Well, a hole-in-one certainly works. Defending champion Bubba Watson did just that during his practice round.
"Everyone is going to say he should have saved it," laughed Fred Couples, who was playing behind Watson's group and had a great vantage point for the ace. "He hit a good shot and it went in. I think that's well worth it."
And Watson got an ovation, besides.
"Oh yeah," Couples confirmed.
Couples, a past champion himself, collected an ace of his own at Augusta National a while back, but it was on the par-3 course. Those aren't nearly as rare. Ben Crenshaw made his hole-in-one on No. 7 of the "little" course and Nick Watney made another at No. 9.
MEMBER'S BOUNCE: Speaking of knocking it straight into the cup, Gene Sarazen made the first albatross on the par-5, 15th hole at Augusta National when he holed out from 235 yards with a 4-wood in the final round of the 1935 Masters. It became known as the "shot heard `round the world."

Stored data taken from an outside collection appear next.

-- ===== src/Pgcluster/Health/Laws.antt =====
-- What a health check of pgcluster/health.go makes of one node.
use svckit.Base.{
  ℕ, suc, ◌*◌, ◌≤◌, ◌≡◌, refl, ap, sym, subst, ◌+◌, ◌∙◌, true, false, none, some, if◌then◌else◌,
  arith, Bool-cases, Option-cases, inl, inr, ◌⊎◌,
}
use svckit.Base.Run.{done, blocked}
use svckit.Base.Text.{Text, is_some}
use svckit.Pgcluster.Node.{
  health_healthy, health_degraded, health_failed, DatabaseNode, ClusterConfig, is_healthy,
}
use svckit.Pgcluster.Connect.{connect_to_node}
use svckit.Pgcluster.Connect.Laws.{IsSound}
use svckit.Pgcluster.Health.{
  Checkup, check_node_health, checked_recently, is_retryable_error, ping_sql_db, ping_failed,
  ping_answered, second,
}

ping_failed-IsSound :
    (e : Text) (node : DatabaseNode) → (is_some node.sql_db ≡ true) → IsSound (ping_failed e node)
unfolding ping_failed
ping_failed-IsSound e node h = ground arith

ping_answered-IsSound :
    (node : DatabaseNode)
    → (is_some node.sql_db ≡ true)
    → IsSound node
    → IsSound (ping_answered node)
unfolding ping_answered
ping_answered-IsSound node h s = ground arith

ping_sql_db-IsSound :
    (x : Checkup) (node : DatabaseNode)
    → is_some node.sql_db ≡ true
    → IsSound node
    → IsSound (ping_sql_db x node)
unfolding ping_sql_db
ping_sql_db-IsSound x node h s =
    let node' = record node { response_time = x.took } in
    elim (Option-cases x.ping) [
      | inl p ↦
          subst
            (λ o. IsSound (elim o [ some e ↦ ping_failed e node' | none ↦ ping_answered node' ]))
            (sym p) (ping_answered-IsSound node' h s)
      | inr (e, p) ↦
          subst
            (λ o. IsSound (elim o [ some e ↦ ping_failed e node' | none ↦ ping_answered node' ]))
            (sym p) (ping_failed-IsSound e node' h)
    ]

abbrev pub checked_at : Checkup → DatabaseNode → DatabaseNode
checked_at x node = record node { last_check = x.now }

-- A check that ends has either changed nothing or pinged the pool.
pub false-true : false ≡ true → ⊥
false-true h = cc

check_node_health_done :
    (c : ClusterConfig) (x : Checkup) (node n : DatabaseNode)
    → check_node_health c x node ≡ done n
    → (node ≡ n) ⊎ ((is_some node.sql_db ≡ true) × (ping_sql_db x (checked_at x node) ≡ n))
unfolding check_node_health connect_to_node
check_node_health_done c x node n e = elim (Bool-cases (checked_recently x node)) [
  | inl r ↦ ground arith
  | inr r ↦ ground arith
]

pub check_node_health_pings :
    (c : ClusterConfig) (x : Checkup) (node : DatabaseNode)
    → checked_recently x node ≡ false
    → is_some node.sql_db ≡ true
    → check_node_health c x node ≡ done (ping_sql_db x (checked_at x node))
unfolding check_node_health connect_to_node
check_node_health_pings c x node r p = ground arith

pub check_node_health_blocks :
    (c : ClusterConfig) (x : Checkup) (node : DatabaseNode)
    → checked_recently x node ≡ false
    → is_some node.sql_db ≡ false
    → check_node_health c x node ≡ blocked
unfolding check_node_health connect_to_node
check_node_health_blocks c x node r p = ground arith

pub check_node_health_skips :
    (c : ClusterConfig) (x : Checkup) (node : DatabaseNode)
    → checked_recently x node ≡ true
    → check_node_health c x node ≡ done node
unfolding check_node_health
check_node_health_skips c x node r = rw r refl

-- A check that ends leaves a sound node sound: if healthy, with a pool and without a last error.
pub check_node_health-IsSound :
    (c : ClusterConfig) (x : Checkup) (node n : DatabaseNode)
    → IsSound node
    → check_node_health c x node ≡ done n
    → IsSound n
check_node_health-IsSound c x node n s e = elim (check_node_health_done c x node n e) [
  | inl h ↦ subst IsSound h s
  | inr (p, h) ↦ subst IsSound h (ping_sql_db-IsSound x (checked_at x node) p s)
]

-- A ping that fails on an error that is not retryable costs the node its pool, and then every
-- check that comes at least 10 s later blocks: it waits for the mutex that it holds, whatever the
-- database would answer by then.
pub check_node_health_deadlock :
    (c : ClusterConfig) (x later : Checkup) (node : DatabaseNode) (db : ℕ) (e : Text)
    → checked_recently x node ≡ false
    → node.sql_db ≡ some db
    → x.ping ≡ some e
    → is_retryable_error e ≡ false
    → x.now + 10 * second ≤ later.now
    → (n : DatabaseNode) × (check_node_health c x node ≡ done n)
      × (n.health ≡ health_failed)
      × (n.error_count ≡ suc node.error_count)
      × (check_node_health c later n ≡ blocked)
unfolding check_node_health connect_to_node ping_sql_db ping_failed
check_node_health_deadlock c x later node db e r p q f t = (
  (record node {
    last_check = x.now;
    response_time = x.took;
    error_count = suc node.error_count;
    last_error = some e;
    health = health_failed;
    sql_db = none;
  }),
  rw (r, p, q, f) refl,
  refl,
  refl,
  ground arith,
)

-- A node with a pool, whatever its health, is healthy without a last error after one check that
-- comes at least 10 s after the last one and whose ping is answered within 5 s.
pub check_node_health_recovers :
    (c : ClusterConfig) (x : Checkup) (node : DatabaseNode)
    → checked_recently x node ≡ false
    → is_some node.sql_db ≡ true
    → IsSound node
    → x.ping ≡ none
    → x.took ≤ 5 * second
    → check_node_health c x node
      ≡ done (record node {
        last_check = x.now;
        response_time = x.took;
        health = health_healthy;
        last_error = none;
      })
unfolding ping_sql_db ping_answered
check_node_health_recovers c x node r p s q t =
    check_node_health_pings c x node r p ∙ ap done (rw q (ground arith))

-- An error that is retryable never fails a node: a healthy node is degraded, another one keeps its
-- health, and the pool is kept, until an answered ping makes it healthy.
pub check_node_health_degrades :
    (c : ClusterConfig) (x : Checkup) (node : DatabaseNode) (e : Text)
    → checked_recently x node ≡ false
    → is_some node.sql_db ≡ true
    → x.ping ≡ some e
    → is_retryable_error e ≡ true
    → (n : DatabaseNode) × (check_node_health c x node ≡ done n)
      × (n.sql_db ≡ node.sql_db)
      × (n.health ≡ (if is_healthy node.health then health_degraded else node.health))
      × (n.last_error ≡ some e)
unfolding ping_sql_db ping_failed
check_node_health_degrades c x node e r p q f = (
  ping_sql_db x (checked_at x node),
  check_node_health_pings c x node r p,
  rw (q, f) (ground arith),
  rw (q, f) (ground arith),
  rw (q, f) (ground arith),
)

Former USGA president Fred Ridley made the most recent 2, and no one saw it -- not even Ridley.
Ridley, a club member and chairman of the Masters competition committee, was playing in the late afternoon a few weeks ago when he hit hybrid for his second shot.
"We couldn't see it go in," Ridley said. "It was late in the evening and the sun was in our eyes. When we got to the hole, it was a weird feeling."
It was the first albatross for Ridley, a former U.S. Amateur champion.
The club said it was only the fourth known double eagle on the 15th hole.
YOUTH WILL BE SERVED: Matteo Manassero is no longer the most precocious teenager at the Masters.
The 19-year-old Italian, who three years ago became the youngest player to make the cut at Augusta National, is paired for the first two rounds with Guan Tiangling, the 14-year-old from China who will soon own that distinction.
"I hope he's going to have so much fun like I did," Manassero said
Manassero already had a well-deserved reputation as a phenom when he arrived in 2010. The previous year he'd become the youngest -- and first Italian -- to win the British Amateur. He also was the youngest to win the Silver Medal, given to the leading amateur at the British Open.
While there was plenty of hype surrounding his first appearance here, Manassero said he never felt pressured.
"Last time it was much more about enjoying," he said. "It was
great that I had that opportunity because, of course, not many amateurs have that, and I got to make some experiences you wouldn't be able to make as a professional."
Manassero turned professional shortly after tying for 36th at Augusta National, and later that year became the youngest winner in European Tour history with his victory at the Castello Masters. He's won twice more since, making him the first teenager with three victories on the European Tour.
He was 44th on the final world rankings last season, earning him a trip back to the Masters.
"This is more business-like," Manassero said. "I'm more focused onto performing well and scoring well, playing my game. It's more about competing and, at that time, it was more about living the atmosphere of Augusta.
"I didn't expect to play as well as I did in 2010 here," he said. "Now people expect me to play well and compete well in the Masters. I expect that as well."